Kate Kowalski: Die geflohene Geschichte (Buch)

Kate Kowalski
Die geflohene Geschichte
Heyne, 2023, Paperback, 412 Seiten, 15,00 EUR

Rezension von Carsten Kuhr

Kapitolo, die Stadt der Bücher, ist genau das: Eine Stadt, ein Ort, an dem sich Autorinnen und Autoren treffen, niederlassen und ihrer Muse frönen. Das Besondere an Kapitolo ist, dass sich nicht nur die Menschen hinter der Tastatur hier treffen, immer wieder gelangen auch ihre Figuren aus den Büchern in die Realität.

Nicht umsonst gibt es zwei ganze Polizeieinheiten, die für nichts anderes da sind, als Verbrechen von Romanfiguren aufzuklären, beziehungsweise Taten an in die Realität gewechselte Protagonisten zu verfolgen. Während ersteres Dezernat mit über 100 Beamten gut ausgestattet ist, fristet die Abteilung, die Verbrechen an den Figuren untersucht, ein Nischendasein mit einigen ganz wenigen, überlasteten und abgeschobenen Ermittlern.

Damit noch nicht genug, hat die Obrigkeit bestimmt, dass ein jeder Autor, egal welchen Geschlechts, ihre oder seine Fingerabdrücke registrieren lassen muss. Die in die Realität gewechselten Figuren besitzen nämlich dieselben Fingerabdrücke nur spiegelverdreht - die Autoren haften, im wahrsten Sinne des Wortes, für die Taten ihre Schöpfungen.

Kate Kowalski ging das bislang nicht viel an. Sie fristete als Vielschreiberin ihr karges Dasein, veröffentlichte unter drei Pseudonymen ihre Unterhaltungswerke, um ihren Lebensunterhalt zu bestreiten.

Eines Morgens wird sie von der Sonderkommission aufs Revier gebracht. Eine ihrer Figuren wird mit dem Tatort eines Mordes in Verbindung gebracht. Dabei schreibt sie schon extra vorsichtig. Sie hat zwar eine Lizenz für Kriminalromane, passt aber immer höllisch auf, dass sie nur ja keinen Psychopathen oder Serienkiller auf ihre Opfer loslässt.

Kann es sein, dass sie wirklich einen Mörder erschaffen hat, oder was steckt hinter der Tat?

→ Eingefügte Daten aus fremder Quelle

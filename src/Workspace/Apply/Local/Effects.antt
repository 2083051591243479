-- ===== src/Workspace/Apply/Local/Effects.antt =====
-- What an apply does to the files of a workspace (local-agent/internal/workspace/apply.go).
use on_code.Prelude.{
  ℕ, ◌+◌, ◌≡◌, ◌∙◌, refl, sym, ap, inl, inr, some, List, [], ◌∷◌, Bytes, Result, ok, err, >>=-eq-ok,
  ensure-eq-ok, Result-cases, bytes_eq→eq,
}
use on_code.Protocol.Errors.{Code, file_hash_mismatch, diff_mismatch}
use on_code.Workspace.Apply.{ApplyRequest}
use on_code.Workspace.Apply.Files.Staged.{IsNoStage}
use on_code.Workspace.Apply.Files.{Backup, change_all, change_planned, restore}
use on_code.Workspace.Apply.Files.Rollback.{Restored, change_planned-restores}
use on_code.Workspace.Apply.Files.Success.{change_planned-makes}
use on_code.Workspace.Apply.Local.{
  ApplyResult, changed_since, planned_paths, revalidate, counted, change_valid, change_workspace,
  apply_changes_on,
}
use on_code.Workspace.Apply.Outcome.{claimed_copy, apply_changes-Goes}
use on_code.Prelude.Paths.{render}
use on_code.Workspace.Disk.{Disk, IsLawful}
use on_code.Workspace.Propose.{propose}
use on_code.Workspace.Registry.{World, get_workspace, mutate_found, mutate}
use on_code.Workspace.Resolve.{Workspace}
use on_code.Workspace.Store.{PlannedFile, Proposal, ProposalStore, find}

-- Whatever a roll back writes or removes is restored by that. The disk may still refuse every other call.
abbrev pub Restores : (D : Disk) → IsLawful D → Type 0
Restores D law = (b : Backup) (s : D.State) → law.file (restore D b s) (render b.absolute) ≡ b.saved

module _ (D : Disk) (law : IsLawful D) (all_restored : Restores D law) (q : Bytes)
    (away : IsNoStage q) where
  restored : (bs : List Backup) (s : D.State) → Restored D law bs s
  restored [] s = tt
  restored (b ∷ bs) s = (all_restored b s, restored bs (restore D b s))

  change_planned-keeps :
      (ws : Workspace) (planned : List (Bytes × PlannedFile)) (fail_after : ℕ) (paths : List Bytes)
      (s : D.State) (e : Code)
      → (change_planned D ws planned fail_after paths s).0 ≡ err e
      → law.file (change_planned D ws planned fail_after paths s).1 q ≡ law.file s q
  change_planned-keeps ws planned fail_after paths s e failed =
      elim (Result-cases (change_all D ws planned fail_after paths 0 [] s)) [
        | inl good ↦
            let (_, done, _) =
              change_planned-makes D law ws planned fail_after paths s good.0.1 good.0.0 q good.1
                away in
            absurd (cc (done, failed))
        | inr bad ↦
            (change_planned-restores D law ws planned fail_after paths s bad.0 q bad.1
              (restored bad.0.taken bad.0.reached) away).1
      ]

module _ (D : Disk) (sha256 : Bytes → Bytes) (max_bytes fail_after : ℕ) where
  counted-err :
      (id : Bytes) (prop : Proposal) (paths : List Bytes) (ws : Workspace)
      (m : Result Code (Unit {0}) × D.State) (e : Code)
      → (counted D sha256 max_bytes fail_after id prop paths ws m).0 ≡ err e
      → (m.0 ≡ err e) × ((counted D sha256 max_bytes fail_after id prop paths ws m).1.1 ≡ m.1)
  counted-err id prop paths ws (err x, s) e h = (cc h, refl)
  counted-err id prop paths ws (ok u, s) e h = cc h

  counted-ok :
      (id : Bytes) (prop : Proposal) (paths : List Bytes) (ws : Workspace)
      (m : Result Code (Unit {0}) × D.State) (r : ApplyResult)
      → (counted D sha256 max_bytes fail_after id prop paths ws m).0 ≡ ok r
      → (m.0 ≡ ok tt)
        × ((counted D sha256 max_bytes fail_after id prop paths ws m).1.1 ≡ m.1)
        × (r.workspace_revision ≡ ws.revision + 1)
  counted-ok id prop paths ws (err x, s) r h = cc h
  counted-ok id prop paths ws (ok u, s) r h = (refl, refl, cc h)

  -- A successful change of the files of a workspace: the proposal made again has the hash that it had.
  pub record Changed (prop : Proposal) (ws : Workspace) (s t : D.State) (r : ApplyResult)
      : Type 0 where
    pub fresh : Proposal
    pub proposed : propose D sha256 ws s prop.change_set max_bytes ≡ ok fresh
    pub same_hash : fresh.actual_diff.diff_hash ≡ prop.actual_diff.diff_hash
    pub all_changed :
        (change_planned D ws prop.planned fail_after (planned_paths prop.planned) s).0 ≡ ok tt
    pub reached : t ≡ (change_planned D ws prop.planned fail_after (planned_paths prop.planned) s).1
    pub next_revision : r.workspace_revision ≡ ws.revision + 1

  changed_since_sound :
      (m : Result Code Proposal) (p : Proposal) → changed_since m ≡ ok p → m ≡ ok p
  changed_since_sound (ok x) p e = e
  changed_since_sound (err file_hash_mismatch) p e = cc e
  changed_since_sound (err _) p e = cc e

  change_valid-Changed :
      (id : Bytes) (prop : Proposal) (ws : Workspace) (s : D.State) (m : Result Code (Unit {0}))
      (r : ApplyResult)
      → revalidate D sha256 max_bytes fail_after prop ws s ≡ m
      → (change_valid D sha256 max_bytes fail_after id prop ws s m).0 ≡ ok r
      → Changed prop ws s (change_valid D sha256 max_bytes fail_after id prop ws s m).1.1 r
  unfolding revalidate
  change_valid-Changed id prop ws s (err e) r valid h = cc h
  change_valid-Changed id prop ws s (ok u) r valid h =
      let paths = planned_paths prop.planned in
      let (fresh, again, tested) =
        >>=-eq-ok (changed_since (propose D sha256 ws s prop.change_set max_bytes)) _ valid in
      let same = ensure-eq-ok _ diff_mismatch u tested in
      let (done, state, revision) =
        counted-ok id prop paths ws (change_planned D ws prop.planned fail_after paths s) r h in
      record {
        fresh = fresh;
        proposed =
            changed_since_sound (propose D sha256 ws s prop.change_set max_bytes) fresh again;
        same_hash = bytes_eq→eq fresh.actual_diff.diff_hash prop.actual_diff.diff_hash same;
        all_changed = done;
        reached = state;
        next_revision = revision;
      }

  -- A successful apply: the workspace is registered, the proposal is stored and approved for this request, and
  -- the proposal that its change set makes on the files as they are now has the approved hash.
  pub record Approved (approve : Bytes → Bytes → Bytes → Result Code (Unit {0}))
      (req : ApplyRequest) (store : ProposalStore) (w : World D) (t : D.State) (r : ApplyResult)
      : Type 0 where
    pub workspace : Workspace
    pub known : get_workspace req.workspace_id w.workspaces ≡ ok workspace
    pub proposal : Proposal
    pub stored : find req.change_set_id store ≡ some proposal
    pub approved : approve req.approval_id req.change_set_id req.approved_diff_hash ≡ ok tt
    pub changed : Changed (claimed_copy proposal) workspace w.disk t r
    pub approved_hash : proposal.actual_diff.diff_hash ≡ req.approved_diff_hash

  mutate_found-Changed :
      (id : Bytes) (set : Bytes) (prop : Proposal) (w : World D) (m : Result Code Workspace)
      (r : ApplyResult)
      → (mutate_found D id (change_workspace D sha256 max_bytes fail_after set prop) w m).0 ≡ ok r
      → (ws : Workspace) × (m ≡ ok ws)
        × Changed prop ws w.disk
            (mutate_found D id (change_workspace D sha256 max_bytes fail_after set prop) w m).1.disk
            r
  unfolding change_workspace
  mutate_found-Changed id set prop w (err e) r h = cc h
  mutate_found-Changed id set prop w (ok ws) r h = (
    ws,
    refl,
    change_valid-Changed set prop ws w.disk
        (revalidate D sha256 max_bytes fail_after prop ws w.disk) r refl h,
  )

  -- Only an approved diff is applied: where an apply succeeds, the proposal is stored and approved, all of its
  -- planned files are changed, and the diff that its change set makes on the files just before has the
  -- hash that was approved.
  pub apply_changes_on-Approved :
      (approve : Bytes → Bytes → Bytes → Result Code (Unit {0})) (req : ApplyRequest)
      (store : ProposalStore) (w : World D) (r : ApplyResult)
      → (apply_changes_on D sha256 max_bytes fail_after approve req store w).0 ≡ ok r
      → Approved approve req store w
          (apply_changes_on D sha256 max_bytes fail_after approve req store w).1.1.disk
          r
  unfolding apply_changes_on mutate
  apply_changes_on-Approved approve req store w r h =
      elim (apply_changes-Goes approve
        (λ prop.
          mutate D req.workspace_id
            (change_workspace D sha256 max_bytes fail_after req.change_set_id prop))
        req store w) [
          | inl refused ↦ absurd (cc (h, refused.answer))
          | inr made ↦
              let p = claimed_copy made.proposal in
              let (ws, known, done) =
                mutate_found-Changed req.workspace_id req.change_set_id p w
                  (get_workspace req.workspace_id w.workspaces) r (sym made.answer ∙ h) in
              record {
                workspace = ws;
                known = known;
                proposal = made.proposal;
                stored = made.stored;
                approved = made.approved;
                changed = rw made.world done;
                approved_hash = sym (
                    bytes_eq→eq req.approved_diff_hash made.proposal.actual_diff.diff_hash
                      made.same_hash);
              }
        ]

  module _ (law : IsLawful D) (all_restored : Restores D law) (q : Bytes) (away : IsNoStage q) where
    change_valid-keeps :
        (id : Bytes) (prop : Proposal) (ws : Workspace) (s : D.State) (m : Result Code (Unit {0}))
        (e : Code)
        → (change_valid D sha256 max_bytes fail_after id prop ws s m).0 ≡ err e
        → law.file (change_valid D sha256 max_bytes fail_after id prop ws s m).1.1 q ≡ law.file s q
    change_valid-keeps id prop ws s (err x) e h = refl
    change_valid-keeps id prop ws s (ok u) e h =
        let paths = planned_paths prop.planned in
        let (failed, state) =
          counted-err id prop paths ws (change_planned D ws prop.planned fail_after paths s) e h in
        ap (λ t. law.file t q) state
        ∙ change_planned-keeps D law all_restored q away ws prop.planned fail_after paths s e failed

    mutate_found-keeps :
        (id : Bytes) (set : Bytes) (prop : Proposal) (w : World D) (m : Result Code Workspace)
        (e : Code)
        → (mutate_found D id (change_workspace D sha256 max_bytes fail_after set prop) w m).0
          ≡ err e
        → law.file
            (mutate_found D id (change_workspace D sha256 max_bytes fail_after set prop) w m).1.disk
            q
          ≡ law.file w.disk q
    unfolding change_workspace
    mutate_found-keeps id set prop w (err x) e h = refl
    mutate_found-keeps id set prop w (ok ws) e h =
        change_valid-keeps set prop ws w.disk
          (revalidate D sha256 max_bytes fail_after prop ws w.disk) e h

    -- An apply that fails, for whatever reason and at whatever file, leaves every file as it was, if the steps
    -- of a roll back can be made. Only paths of staged files are left out.
    pub apply_changes_on-keeps :
        (approve : Bytes → Bytes → Bytes → Result Code (Unit {0})) (req : ApplyRequest)
        (store : ProposalStore) (w : World D) (e : Code)
        → (apply_changes_on D sha256 max_bytes fail_after approve req store w).0 ≡ err e
        → law.file (apply_changes_on D sha256 max_bytes fail_after approve req store w).1.1.disk q
          ≡ law.file w.disk q
    unfolding apply_changes_on mutate
    apply_changes_on-keeps approve req store w e h =
        elim (apply_changes-Goes approve
          (λ prop.
            mutate D req.workspace_id
              (change_workspace D sha256 max_bytes fail_after req.change_set_id prop))
          req store w) [
            | inl refused ↦ ap (λ x. law.file x.disk q) refused.untouched
            | inr made ↦
                let p = claimed_copy made.proposal in
                ap (λ x. law.file x.disk q) made.world
                ∙ mutate_found-keeps req.workspace_id req.change_set_id p w
                    (get_workspace req.workspace_id w.workspaces) e (sym made.answer ∙ h)
          ]
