-- ===== src/Session/Local/Quiet.antt =====
-- When the hub on the registered workspaces and the disk changes files (local-agent/internal/idesession/hub.go
-- and apply.go).
use on_code.Prelude.{
  ℕ, ◌≡◌, ◌∙◌, refl, ap, Bool, true, false, Option, none, some, List, [], ◌∷◌, Bytes, Result, ok,
  err, if◌then◌else◌, is_empty,
}
use on_code.Protocol.Errors.{Code}
use on_code.Protocol.Ids
use on_code.Protocol.Ids.{IdError}
use on_code.Protocol.Ids.Kinds
use on_code.Protocol.Ids.Uuids.{Uuid}
use on_code.Protocol.Json.{Fields, text_at}
use on_code.Protocol.Messages.{Envelope, EventPayload}
use on_code.Session.Events.{
  EventKind, workflow_progress, question_ask, error_event, design_review, change_proposed,
  build_result, test_result, other_event, Stage, rejected, applying, completed, other_stage,
  stage_of, classify, on_event, as_event, event_data, forward_server_event,
}
use on_code.Session.Events.Apply.{world_after, world_by, on_event-world}
use on_code.Session.Frames.{handle, handle-Untouched}
use on_code.Session.Hub
use on_code.Session.Hub.{Message, Prepared, Wiring, PendingApply, Hub}
use on_code.Session.Local.{
  Desk, bound_approval, set_id, stores, prepare_stored, store_parsed, prepare, request_of,
  answer_of, apply_bound, local_wiring,
}
use on_code.Session.Proposed.{Change, parse_proposed}
use on_code.Workspace.Apply.Local
use on_code.Workspace.Apply.Local.{apply_changes_on}
use on_code.Workspace.Apply.Local.Effects.{Approved, apply_changes_on-Approved}
use on_code.Workspace.Disk.{Disk}
use on_code.Workspace.Registry.{get_workspace}
use on_code.Workspace.Resolve.{Workspace}
use on_code.Workspace.Store.{Proposal}

-- A frame of the IDE or a message of the server.
pub data Input : Type 0 where
  frame : Message → Input
  message : Option Envelope → Input

abbrev pub is_applying : Stage → Bool
is_applying applying = true
is_applying _ = false

abbrev pub event_orders : EventKind → Fields → Bool
event_orders workflow_progress m = is_applying (stage_of m)
event_orders _ m = false

module _ (D : Disk) (sha256 : Bytes → Bytes) (max_bytes : ℕ) where
  stores-world :
      (l : Desk D sha256 max_bytes) (r : Result Code Proposal)
      → (stores D sha256 max_bytes l r).1.world ≡ l.world
  stores-world l (err e) = refl
  stores-world l (ok p) = refl

  module _ (decode : Bytes → Option (Bytes × List Change)) (uuids : ℕ → Uuid)
      (default_workspace : Bytes) (accepts : Bytes → Fields → Bool) where
    abbrev pub wiring : Wiring (Desk D sha256 max_bytes)
    wiring = local_wiring D sha256 max_bytes decode uuids default_workspace accepts

    set_id-world :
        (id : Bytes) (r : Result IdError (Unit {0})) (l : Desk D sha256 max_bytes)
        → (set_id D sha256 max_bytes decode uuids default_workspace id r l).1.world ≡ l.world
    set_id-world id (ok u) l = refl
    set_id-world id (err e) l = refl

    prepare_stored-world :
        (id : Bytes) (changes : List Change) (l : Desk D sha256 max_bytes)
        → (prepare_stored D sha256 max_bytes decode uuids default_workspace id changes l).1.world
          ≡ l.world
    unfolding prepare_stored
    prepare_stored-world id changes l =
        by_found (get_workspace default_workspace l.world.workspaces) refl
      where
        by_found :
            (m : Result Code Workspace)
            → get_workspace default_workspace l.world.workspaces ≡ m
            → (prepare_stored D sha256 max_bytes decode uuids default_workspace id changes
                l).1.world
              ≡ l.world
        by_found (err e) now = rw (prepare_stored, now) refl
        by_found (ok ws) now =
            let drawn =
              set_id D sha256 max_bytes decode uuids default_workspace id
                (Ids.validate Kinds.change_set id) l in
            rw (prepare_stored, now) (stores-world drawn.1 _ ∙ set_id-world id _ l)

    store_parsed-world :
        (o : Option (Bytes × List Change)) (l : Desk D sha256 max_bytes)
        → (store_parsed D sha256 max_bytes decode uuids default_workspace o l).1.world ≡ l.world
    store_parsed-world none l = refl
    store_parsed-world (some (id, changes)) l = prepare_stored-world _ changes l

    -- does a message of the server order an apply?
    abbrev pub payload_orders : Envelope → Option EventPayload → Bool
    payload_orders env none = false
    payload_orders env (some ev) = event_orders (classify ev.name) (event_data wiring env ev)

    abbrev pub orders : Input → Bool
    orders (frame msg) = false
    orders (message none) = false
    orders (message (some env)) = payload_orders env (as_event wiring env.payload)

    abbrev pub NoOrder : List Input → Type 0
    NoOrder [] = Unit {0}
    NoOrder (i ∷ is) = (orders i ≡ false) × NoOrder is

    -- One input of the hub, and a run of them.
    abbrev pub step : Input → Hub (Desk D sha256 max_bytes) → Hub (Desk D sha256 max_bytes)
    step (frame msg) h = (handle wiring msg h).1
    step (message m) h = forward_server_event wiring m h

    abbrev pub steps : List Input → Hub (Desk D sha256 max_bytes) → Hub (Desk D sha256 max_bytes)
    steps [] h = h
    steps (i ∷ is) h = steps is (step i h)

    progress-keeps :
        (s : Stage) (p : Option PendingApply) (l : Desk D sha256 max_bytes)
        → is_applying s ≡ false
        → world_after wiring s p l ≡ l
    progress-keeps rejected p l e = refl
    progress-keeps completed p l e = refl
    progress-keeps other_stage p l e = refl
    progress-keeps applying p l e = cc e

    on_event-keeps :
        (kind : EventKind) (m : Fields) (h : Hub (Desk D sha256 max_bytes))
        → event_orders kind m ≡ false
        → (on_event wiring kind m h).world.world ≡ h.world.world
    unfolding prepare
    on_event-keeps kind m h e = ap (λ l. l.world) (on_event-world wiring kind m h) ∙ by_kind kind e
      where
        by_kind :
            (k : EventKind)
            → event_orders k m ≡ false
            → (world_by wiring k m h).world ≡ h.world.world
        by_kind workflow_progress e =
            ap (λ l. l.world) (progress-keeps (stage_of m) h.pending h.world e)
        by_kind change_proposed e =
            store_parsed-world (parse_proposed decode (text_at "proposed_changes_json" m)) h.world
        by_kind question_ask e = refl
        by_kind error_event e = refl
        by_kind design_review e = refl
        by_kind build_result e = refl
        by_kind test_result e = refl
        by_kind (other_event t) e = refl

    message-keeps :
        (env : Envelope) (o : Option EventPayload) (h : Hub (Desk D sha256 max_bytes))
        → as_event wiring env.payload ≡ o
        → payload_orders env o ≡ false
        → (forward_server_event wiring (some env) h).world.world ≡ h.world.world
    unfolding forward_server_event
    message-keeps env none h now e = rw (forward_server_event, now) refl
    message-keeps env (some ev) h now e =
        rw (forward_server_event, now)
          (on_event-keeps (classify ev.name) (event_data wiring env ev)
            (record h {
              last_work_item =
                  if is_empty env.work_item_id then h.last_work_item else env.work_item_id;
            })
            e)

    step-keeps :
        (i : Input) (h : Hub (Desk D sha256 max_bytes))
        → orders i ≡ false
        → (step i h).world.world ≡ h.world.world
    unfolding forward_server_event
    step-keeps (frame msg) h e = ap (λ l. l.world) (handle-Untouched wiring msg h).same_world
    step-keeps (message none) h e = refl
    step-keeps (message (some env)) h e = message-keeps env (as_event wiring env.payload) h refl e

    -- Whatever the IDE sends and the server proposes, reviews and reports, in any order, the files and the
    -- workspaces stay as they are, as long as there is no progress event at the stage APPLYING_CHANGE:
    -- not an approval of the user, but that event alone lets the hub change a file.
    pub steps-keeps :
        (is : List Input) (h : Hub (Desk D sha256 max_bytes))
        → NoOrder is
        → (steps is h).world.world ≡ h.world.world
    steps-keeps [] h e = refl
    steps-keeps (i ∷ is) h e = steps-keeps is (step i h) e.1 ∙ step-keeps i h e.0

    answer_of-ok :
        (m : Result Code Local.ApplyResult) (a : Hub.ApplyResult)
        → answer_of D sha256 max_bytes decode uuids default_workspace m ≡ ok a
        → (r : Local.ApplyResult) × (m ≡ ok r)
    answer_of-ok (ok r) a e = (r, refl)
    answer_of-ok (err x) a e = cc e

    -- Where the apply of a pending proposal succeeds, the request names an approval, a change set and a hash, the
    -- proposal of that change set is stored with that hash, and the diff that the change set makes on
    -- the files just before has that hash too.
    pub apply_bound-Approved :
        (req : Hub.ApplyRequest) (l : Desk D sha256 max_bytes) (a : Hub.ApplyResult)
        → (apply_bound D sha256 max_bytes decode uuids default_workspace req l).0 ≡ ok a
        → (r : Local.ApplyResult) × Approved D sha256 max_bytes 0
            (bound_approval req)
            (request_of D sha256 max_bytes decode uuids default_workspace req)
            l.store
            l.world
            (apply_bound D sha256 max_bytes decode uuids default_workspace req l).1.world.disk
            r
    unfolding apply_bound
    apply_bound-Approved req l a e =
        let call =
          apply_changes_on D sha256 max_bytes 0 (bound_approval req)
            (request_of D sha256 max_bytes decode uuids default_workspace req) l.store l.world in
        let (r, now) = answer_of-ok call.0 a e in
        (
          r,
          apply_changes_on-Approved D sha256 max_bytes 0 (bound_approval req)
              (request_of D sha256 max_bytes decode uuids default_workspace req) l.store l.world r
              now,
        )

Da hilft nur: Selbst ist die Frau - und Kowalski macht sich daran, das Verbrechen aufzuklären.


Figuren, die aus Büchern in die Realität überwechseln - gab es das nicht schon einmal? Ja, Cornelia Funkes „Tintenherz“ kommt mir hier ebenso in den Sinn, wie Jaspar Ffordes Eleander-Morning-Reihe. Beides sicherlich ganz eigenständige Schöpfungen, die außer der Tatsache, dass als Aufhänger eben jener Übertritt aus dem Buch in die Realität als Idee zugrundeliegt, nichts mit dem vorliegenden Werk zu tun haben.

Kowalski geht ganz bewusst eigene Wege und verpackt das Ganze dann noch in ein autobiographisches Gewandt. Laut Waschzettel lebt sie in Kapitolo, tritt selbst als Betroffene in die Handlung ein - ein netter Gimmick allemal.

Darübehinaus wartet auf die Leser ein waschechter Kriminalplot. Es geht um die Aufklärung eines Verbrechens, um die Suche nach Motiv und Täter, das Anrennen gegen falsche Verdächtigungen und die Bürokratie. Dies nutzt die Verfasserin dazu, ihre Gedanken zu Schuld und Sühne, zu Verantwortung und das Rechtssystem unauffällig in den Plot miteinfließen zu lassen.

Allerdings wirkten die Dialoge etwas hölzern, bleiben die Figuren flach, ja blass. Hier hätte ich mir ein wenig mehr Tiefe gewünscht, die Gedanken und Gefühle wirkten nicht glaubwürdig auf mich.

Gut gelungen boten sich dagegen die Suche nach der Auflösung des Verbrechens und die Darstellung der Stadt mit ihrem besonderen Rechtssystem an.

So bleibt als Fazit, dass einen ein durchaus unterhaltsamer Roman erwartet, der eine faszinierende Kulisse präsentiert, deren Figuren und Dialoge aber noch Verbesserungspotential aufgewiesen hätten.